The video after the break starts off with some fast-motion PCB layout. It is followed by footage of the board being populated, then anchored with graphics testing and some game play demonstrations. It looks like a real blast! NES controller ports were included on the board, and the device puts out 400×300 VGA, as well as audio.

As with the Gameduino, the hard work is done by the FPGA at the center of this board. It handles all of the VGA timing work, using what looks like 3-bit color. It is also responsible for generating the audio and monitoring the inputs. Since the team was under a time crunch the shield also includes a 10-pin header on the underside which was added for easy connection with a logic analyzer.

Comments

  1. duskwuff says:

    Looks like the video board is based on an XC3S200. Really feels like some of crazy overkill — the FPGA has considerably more memory than the MSP430 (216K of block RAM), and is running at a higher clock rate (50 MHz).

    • bear24rw says:

      It’s not _that_ overkill.

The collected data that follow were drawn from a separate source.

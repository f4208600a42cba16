-- ===== src/J1939/Validator/Accounting.antt =====
-- core/src/j1939.rs: the validator's counters against the outcomes that it returned.
use fieldbus_control_node.Prelude.{
  ℕ, suc, ◌+◌, ◌^◌, ◌<◌, ◌≡◌, arith, List, [], ◌∷◌, ◌==◌, if◌then◌else◌, u32, length, sum, sum-set,
  length-set, get_or, get_or-set_self, get_or-set_ne, Result, ok, err, ◌∙◌,
}
use native.Mathlib.Decide.{ℕ_discrete}
use fieldbus_control_node.J1939.Payload.{Frame, Payload}
use fieldbus_control_node.J1939.Validator.{
  Validator, Reject, index, new, classify, record_outcome, validate, validate_all, bad_length,
}

pub index-lt : (r : Reject) → index r < 8
unfolding index
index-lt bad_length = omega arith
index-lt _ = omega arith

-- What `validate` returned for each frame of a burst, in order.
abbrev pub outcomes : Validator → List Frame → List (Result Payload Reject)
outcomes v [] = []
outcomes v (f ∷ fs) = classify v f ∷ outcomes (validate v f).0 fs

abbrev pub accepted_in : List (Result Payload Reject) → ℕ
accepted_in [] = 0
accepted_in (ok p ∷ os) = suc (accepted_in os)
accepted_in (err r ∷ os) = accepted_in os

abbrev pub refused_in : ℕ → List (Result Payload Reject) → ℕ
refused_in i [] = 0
refused_in i (ok p ∷ os) = refused_in i os
refused_in i (err r ∷ os) = if index r == i then suc (refused_in i os) else refused_in i os

-- The counters of a validator are 32-bit words, one for each reason, and the total of the reasons
-- is the total refused.
pub record IsCounted (v : Validator) : Type 0 where
  pub accepted_fits : v.accepted < 2 ^ 32
  pub rejected_fits : v.rejected < 2 ^ 32
  pub one_per_reason : length v.by_reason ≡ 8
  pub total : u32 (sum v.by_reason) ≡ v.rejected

record_outcome-IsCounted :
    (v : Validator) (o : Result Payload Reject) → IsCounted v → IsCounted (record_outcome v o)
unfolding record_outcome
record_outcome-IsCounted v (ok p) c = ground arith
record_outcome-IsCounted v (err r) c = record {
  accepted_fits = c.accepted_fits;
  rejected_fits = omega arith;
  one_per_reason = length-set v.by_reason (index r) _ ∙ c.one_per_reason;
  total = ground (
    arith,
    index-lt r,
    c.one_per_reason,
    c.total,
    sum-set v.by_reason (index r) (u32 (get_or v.by_reason (index r) 0 + 1)),
  );
}

pub validate-IsCounted : (v : Validator) (f : Frame) → IsCounted v → IsCounted (validate v f).0
unfolding validate
validate-IsCounted v f c = record_outcome-IsCounted v (classify v f) c

pub new-IsCounted : IsCounted new
unfolding new
new-IsCounted = omega arith

-- Whatever frames arrive, the per-reason counters add up to the refusals, modulo 2 ^ 32.
pub validate_all-IsCounted :
    (v : Validator) (fs : List Frame) → IsCounted v → IsCounted (validate_all v fs)
unfolding validate_all
validate_all-IsCounted v [] c = c
validate_all-IsCounted v (f ∷ fs) c =
    validate_all-IsCounted (validate v f).0 fs (validate-IsCounted v f c)

accepted_in-cons :
    (o : Result Payload Reject) (os : List (Result Payload Reject))
    → accepted_in (o ∷ os) ≡ accepted_in (o ∷ []) + accepted_in os
accepted_in-cons (ok p) os = omega arith
accepted_in-cons (err r) os = omega arith

refused_in-cons :
    (i : ℕ) (o : Result Payload Reject) (os : List (Result Payload Reject))
    → refused_in i (o ∷ os) ≡ refused_in i (o ∷ []) + refused_in i os
refused_in-cons i (ok p) os = omega arith
refused_in-cons i (err r) os = ground arith

record_outcome-accepted :
    (v : Validator) (o : Result Payload Reject)
    → v.accepted < 2 ^ 32
    → (record_outcome v o).accepted ≡ u32 (v.accepted + accepted_in (o ∷ []))
unfolding record_outcome
record_outcome-accepted v (ok p) h = omega arith
record_outcome-accepted v (err r) h = omega arith

record_outcome-reason :
    (v : Validator) (o : Result Payload Reject) (i : ℕ)
    → length v.by_reason ≡ 8
    → get_or v.by_reason i 0 < 2 ^ 32
    → get_or (record_outcome v o).by_reason i 0
      ≡ u32 (get_or v.by_reason i 0 + refused_in i (o ∷ []))
unfolding record_outcome
record_outcome-reason v (ok p) i h g = omega arith
record_outcome-reason v (err r) i h g =
    let w = u32 (get_or v.by_reason (index r) 0 + 1) in
    elim (ℕ_discrete (index r) i) [
      | yes e ↦
          let hit = get_or-set_self v.by_reason (index r) w 0 (omega (arith, index-lt r)) in
          rw (← e) (ground (arith, hit))
      | no ne ↦ ground (arith, get_or-set_ne v.by_reason (index r) i w 0 ne)
    ]

-- From counters that fit 32 bits, each counter grows by the number of outcomes of its kind,
-- modulo 2 ^ 32: the accepted, and the refusals under each index.
pub validate_all-tallies :
    (v : Validator) (fs : List Frame) (i : ℕ)
    → IsCounted v
    → i < 8
    → get_or v.by_reason i 0 < 2 ^ 32
    → ((validate_all v fs).accepted ≡ u32 (v.accepted + accepted_in (outcomes v fs)))
      × (get_or (validate_all v fs).by_reason i 0
          ≡ u32 (get_or v.by_reason i 0 + refused_in i (outcomes v fs)))
unfolding validate_all validate
validate_all-tallies v [] i c h g = (omega arith, omega arith)
validate_all-tallies v (f ∷ fs) i c h g =
    let o = classify v f in
    let v' = record_outcome v o in
    let reason = record_outcome-reason v o i c.one_per_reason g in
    let rest =
      validate_all-tallies v' fs i (record_outcome-IsCounted v o c) h (omega (arith, reason)) in
    let accepted = record_outcome-accepted v o c.accepted_fits in
    (
      omega (arith, rest, accepted, accepted_in-cons o (outcomes v' fs)),
      omega (arith, rest, reason, refused_in-cons i o (outcomes v' fs)),
    )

The gameduino sprite engine takes up almost the whole chip.

      Number of BUFGMUXs 1 out of 24 4%
      Number of DNA_PORTs 1 out of 1 100%
      Number of ICAPs 1 out of 1 100%
      Number of MULT18X18SIOs 7 out of 16 43%
      Number of RAMB16BWEs 16 out of 16 100%
      Number of Slices 1690 out of 1792 94%
      Number of SLICEMs 623 out of 896 69%

      • svofski says:

        But couldn’t you take a slightly larger FPGA, put a soft 6502 or openMSP430 and ditch the carrier board completely? I understand that it’s nice to make an addon to a board that’s already easy to program. But then again – fewer parts, less hassle.

        Very impressive sprite engine BTW!

  2. larsknudsenkaas says:

    Where does one source those connectors?

  3. Borre says:

    Fantastic and Fabuolous !

  4. Giles says:

    Simply awesome :)

  5. duskwuff says:

    Using an XC3S200A almost feels like cheating here. It’s got orders of magnitude more memory than the MSP430 (216K block RAM), and is clocked significantly faster (50 MHz). With a bit more work I suspect you could throw a soft MSP430 core into the FPGA and skip the Launchpad entirely! (But I’m sure TI wouldn’t be amused by that.)

    • cantido says:

      >Using an XC3S200A almost feels like cheating here.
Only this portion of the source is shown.